**Data provided:**
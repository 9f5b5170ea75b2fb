-- ===== src/Textile.antt =====
-- backend/pkg/textilehelper/textilehelper.go: content records in a Textile thread, content bytes in
-- Textile buckets. The clients that `Setup` makes are a parameter.
pub mod Queries
pub mod Buckets
pub mod Promises
pub mod Returning
pub mod Hub
pub mod Setup
use hackfs_mdc.Base.{
  ℕ, String, ◌<>◌, Bool, true, false, Option, none, some, List, [], ◌∷◌, ◌==◌, if◌then◌else◌,
}
use hackfs_mdc.Go.{Go, Result, ok, err, returned, pure, call, ◌>>=◌}
use hackfs_mdc.Common.{Error, errorf, in_pkg}
use hackfs_mdc.Messages.{Bytes, ContentData, JsonQuery, zero_content_data}
use hackfs_mdc.Services.{Services, Found}

-- models.ContentDataCollectionName, and what `GetCollectionName` of a ContentData gives
abbrev pub content_data_collection_name : String
content_data_collection_name = "ContentData"

-- The part of `Clients` that is no connection.
pub record Clients (env : Services) : Type 0 where
  pub db_thread_id : env.ThreadId
  pub context_with_db_thread_id : env.Context

unfoldable pub first_id : List String → String
first_id [] = ""
first_id (x ∷ xs) = x

unfoldable pub get_instanceable_from_collection : String → Result Error ContentData
get_instanceable_from_collection collection =
    if collection == "ContentData"
    then ok zero_content_data
    else err (
        errorf (in_pkg "textilehelper.GetInstanceableFromCollection" 250) none
          ("Unsupported collection: " <> collection))

module _ (env : Services) where
  open env use {
    World, Context, ThreadId, Query, thread_id_string, new_thread_id_context, where_eq, where_ge,
    where_le, where_ne, threads_create, threads_find, buckets_init, buckets_push_path,
    buckets_links_ipns, buckets_pull_path,
  }

  unfoldable pub get_query_from_json_api_query : JsonQuery → Result Error Query
  get_query_from_json_api_query jq =
      if jq.operation == "Eq"
      then ok (where_eq jq.field_path jq.value)
      else if jq.operation == "Ge"
      then ok (where_ge jq.field_path jq.value)
      else if jq.operation == "Le"
      then ok (where_le jq.field_path jq.value)
      else if jq.operation == "Ne"
      then ok (where_ne jq.field_path jq.value)
      else err (
          errorf (in_pkg "textilehelper.GetQueryFromJsonApiQuery" 241) none
            ("Unsupported operation: " <> jq.operation))

  -- The key of the bucket's root.
  unfoldable pub create_bucket : Context → ThreadId → String → Bool → Go World (Result Error String)
  create_bucket ctx db_id name is_private =
      call (buckets_init (new_thread_id_context ctx db_id) name is_private)

  module _ (clients : Clients env) where
    open clients use {db_thread_id, context_with_db_thread_id}

    -- The ID of the new record, and the error.
    unfoldable pub insert_to_content_db : ContentData → Go World (String × Option Error)
    insert_to_content_db d = do
      created ←
          call
            (threads_create context_with_db_thread_id db_thread_id content_data_collection_name d)
      pure (first_id created.0, created.1)

    unfoldable pub query_content_db : Query → Go World (Found × Option Error)
    query_content_db q =
        call (threads_find context_with_db_thread_id db_thread_id content_data_collection_name q)

    unfoldable pub query_with_json_api_query : JsonQuery → Go World (Found × Option Error)
    query_with_json_api_query jq = elim (get_query_from_json_api_query jq) [
      | err e ↦ pure (
        Found.nil,
        some (
            errorf (in_pkg "textilehelper.QueryWithJsonApiQuery" 257) (some e)
              "GetQueryFromJsonApiQuery failed"),
      )
      | ok q ↦ elim (get_instanceable_from_collection jq.collection) [
        | err e ↦ pure (
          Found.nil,
          some (
              errorf (in_pkg "textilehelper.QueryWithJsonApiQuery" 261) (some e)
                "GetInstanceableFromCollection failed"),
        )
        | ok dummy ↦ call (threads_find context_with_db_thread_id db_thread_id jq.collection q)
      ]
    ]

    unfoldable pub link_bucket : String → Go World (Result Error (String × String × String))
    link_bucket bucket_key = do
      links ← call (buckets_links_ipns context_with_db_thread_id bucket_key)
      elim links [
        | err e ↦ pure (
            err (
              errorf (in_pkg "textilehelper.CreateBucketAndPushData" 282) (some e)
                "clients.Buckets.Links failed"))
        | ok ipns ↦ pure (ok (thread_id_string db_thread_id, bucket_key, ipns))
      ]

    unfoldable pub push_data :
        String → String → Bytes → Go World (Result Error (String × String × String))
    push_data bucket_key bucket_file_name bytes = do
      pushed ← call (buckets_push_path context_with_db_thread_id bucket_key bucket_file_name bytes)
      elim pushed [
        | some e ↦ pure (
            err (
              errorf (in_pkg "textilehelper.CreateBucketAndPushData" 277) (some e)
                "clients.Buckets.PushPath failed"))
        | none ↦ link_bucket bucket_key
      ]

    -- The thread's key, the bucket's key and the IPNS link.
    unfoldable pub create_bucket_and_push_data :
        String → String → Bytes → Bool → Go World (Result Error (String × String × String))
    create_bucket_and_push_data bucket_name bucket_file_name bytes is_private = do
      created ← create_bucket context_with_db_thread_id db_thread_id bucket_name is_private
      elim created [
        | err e ↦ pure (
            err (
              errorf (in_pkg "textilehelper.CreateBucketAndPushData" 272) (some e)
                "CreateBucket failed"))
        | ok bucket_key ↦ push_data bucket_key bucket_file_name bytes
      ]

    unfoldable pub pull_bytes_from_bucket : String → String → Go World (Result Error Bytes)
    pull_bytes_from_bucket bucket_key bucket_file_name = do
      pulled ← call (buckets_pull_path context_with_db_thread_id bucket_key bucket_file_name)
      elim pulled.1 [
        | some e ↦ pure (
            err (
              errorf (in_pkg "textilehelper.PullBytesFromBucket" 292) (some e)
                "clients.Buckets.PullPath failed"))
        | none ↦ pure (ok pulled.0)
      ]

**Work item:**
For this exercise, output all the data exactly as shown above.

**Answer to this exercise:**
repository 9f5b5170ea75b2fb
-- ===== src/Textile.antt =====
-- backend/pkg/textilehelper/textilehelper.go: content records in a Textile thread, content bytes in
-- Textile buckets. The clients that `Setup` makes are a parameter.
pub mod Queries
pub mod Buckets
pub mod Promises
pub mod Returning
pub mod Hub
pub mod Setup
use hackfs_mdc.Base.{
  ℕ, String, ◌<>◌, Bool, true, false, Option, none, some, List, [], ◌∷◌, ◌==◌, if◌then◌else◌,
}
use hackfs_mdc.Go.{Go, Result, ok, err, returned, pure, call, ◌>>=◌}
use hackfs_mdc.Common.{Error, errorf, in_pkg}
use hackfs_mdc.Messages.{Bytes, ContentData, JsonQuery, zero_content_data}
use hackfs_mdc.Services.{Services, Found}

-- models.ContentDataCollectionName, and what `GetCollectionName` of a ContentData gives
abbrev pub content_data_collection_name : String
content_data_collection_name = "ContentData"

-- The part of `Clients` that is no connection.
pub record Clients (env : Services) : Type 0 where
  pub db_thread_id : env.ThreadId
  pub context_with_db_thread_id : env.Context

unfoldable pub first_id : List String → String
first_id [] = ""
first_id (x ∷ xs) = x

unfoldable pub get_instanceable_from_collection : String → Result Error ContentData
get_instanceable_from_collection collection =
    if collection == "ContentData"
    then ok zero_content_data
    else err (
        errorf (in_pkg "textilehelper.GetInstanceableFromCollection" 250) none
          ("Unsupported collection: " <> collection))

module _ (env : Services) where
  open env use {
    World, Context, ThreadId, Query, thread_id_string, new_thread_id_context, where_eq, where_ge,
    where_le, where_ne, threads_create, threads_find, buckets_init, buckets_push_path,
    buckets_links_ipns, buckets_pull_path,
  }

  unfoldable pub get_query_from_json_api_query : JsonQuery → Result Error Query
  get_query_from_json_api_query jq =
      if jq.operation == "Eq"
      then ok (where_eq jq.field_path jq.value)
      else if jq.operation == "Ge"
      then ok (where_ge jq.field_path jq.value)
      else if jq.operation == "Le"
      then ok (where_le jq.field_path jq.value)
      else if jq.operation == "Ne"
      then ok (where_ne jq.field_path jq.value)
      else err (
          errorf (in_pkg "textilehelper.GetQueryFromJsonApiQuery" 241) none
            ("Unsupported operation: " <> jq.operation))

  -- The key of the bucket's root.
  unfoldable pub create_bucket : Context → ThreadId → String → Bool → Go World (Result Error String)
  create_bucket ctx db_id name is_private =
      call (buckets_init (new_thread_id_context ctx db_id) name is_private)

  module _ (clients : Clients env) where
    open clients use {db_thread_id, context_with_db_thread_id}

    -- The ID of the new record, and the error.
    unfoldable pub insert_to_content_db : ContentData → Go World (String × Option Error)
    insert_to_content_db d = do
      created ←
          call
            (threads_create context_with_db_thread_id db_thread_id content_data_collection_name d)
      pure (first_id created.0, created.1)

    unfoldable pub query_content_db : Query → Go World (Found × Option Error)
    query_content_db q =
        call (threads_find context_with_db_thread_id db_thread_id content_data_collection_name q)

    unfoldable pub query_with_json_api_query : JsonQuery → Go World (Found × Option Error)
    query_with_json_api_query jq = elim (get_query_from_json_api_query jq) [
      | err e ↦ pure (
        Found.nil,
        some (
            errorf (in_pkg "textilehelper.QueryWithJsonApiQuery" 257) (some e)
              "GetQueryFromJsonApiQuery failed"),
      )
      | ok q ↦ elim (get_instanceable_from_collection jq.collection) [
        | err e ↦ pure (
          Found.nil,
          some (
              errorf (in_pkg "textilehelper.QueryWithJsonApiQuery" 261) (some e)
                "GetInstanceableFromCollection failed"),
        )
        | ok dummy ↦ call (threads_find context_with_db_thread_id db_thread_id jq.collection q)
      ]
    ]

    unfoldable pub link_bucket : String → Go World (Result Error (String × String × String))
    link_bucket bucket_key = do
      links ← call (buckets_links_ipns context_with_db_thread_id bucket_key)
      elim links [
        | err e ↦ pure (
            err (
              errorf (in_pkg "textilehelper.CreateBucketAndPushData" 282) (some e)
                "clients.Buckets.Links failed"))
        | ok ipns ↦ pure (ok (thread_id_string db_thread_id, bucket_key, ipns))
      ]

    unfoldable pub push_data :
        String → String → Bytes → Go World (Result Error (String × String × String))
    push_data bucket_key bucket_file_name bytes = do
      pushed ← call (buckets_push_path context_with_db_thread_id bucket_key bucket_file_name bytes)
      elim pushed [
        | some e ↦ pure (
            err (
              errorf (in_pkg "textilehelper.CreateBucketAndPushData" 277) (some e)
                "clients.Buckets.PushPath failed"))
        | none ↦ link_bucket bucket_key
      ]

    -- The thread's key, the bucket's key and the IPNS link.
    unfoldable pub create_bucket_and_push_data :
        String → String → Bytes → Bool → Go World (Result Error (String × String × String))
    create_bucket_and_push_data bucket_name bucket_file_name bytes is_private = do
      created ← create_bucket context_with_db_thread_id db_thread_id bucket_name is_private
      elim created [
        | err e ↦ pure (
            err (
              errorf (in_pkg "textilehelper.CreateBucketAndPushData" 272) (some e)
                "CreateBucket failed"))
        | ok bucket_key ↦ push_data bucket_key bucket_file_name bytes
      ]

    unfoldable pub pull_bytes_from_bucket : String → String → Go World (Result Error Bytes)
    pull_bytes_from_bucket bucket_key bucket_file_name = do
      pulled ← call (buckets_pull_path context_with_db_thread_id bucket_key bucket_file_name)
      elim pulled.1 [
        | some e ↦ pure (
            err (
              errorf (in_pkg "textilehelper.PullBytesFromBucket" 292) (some e)
                "clients.Buckets.PullPath failed"))
        | none ↦ pure (ok pulled.0)
      ]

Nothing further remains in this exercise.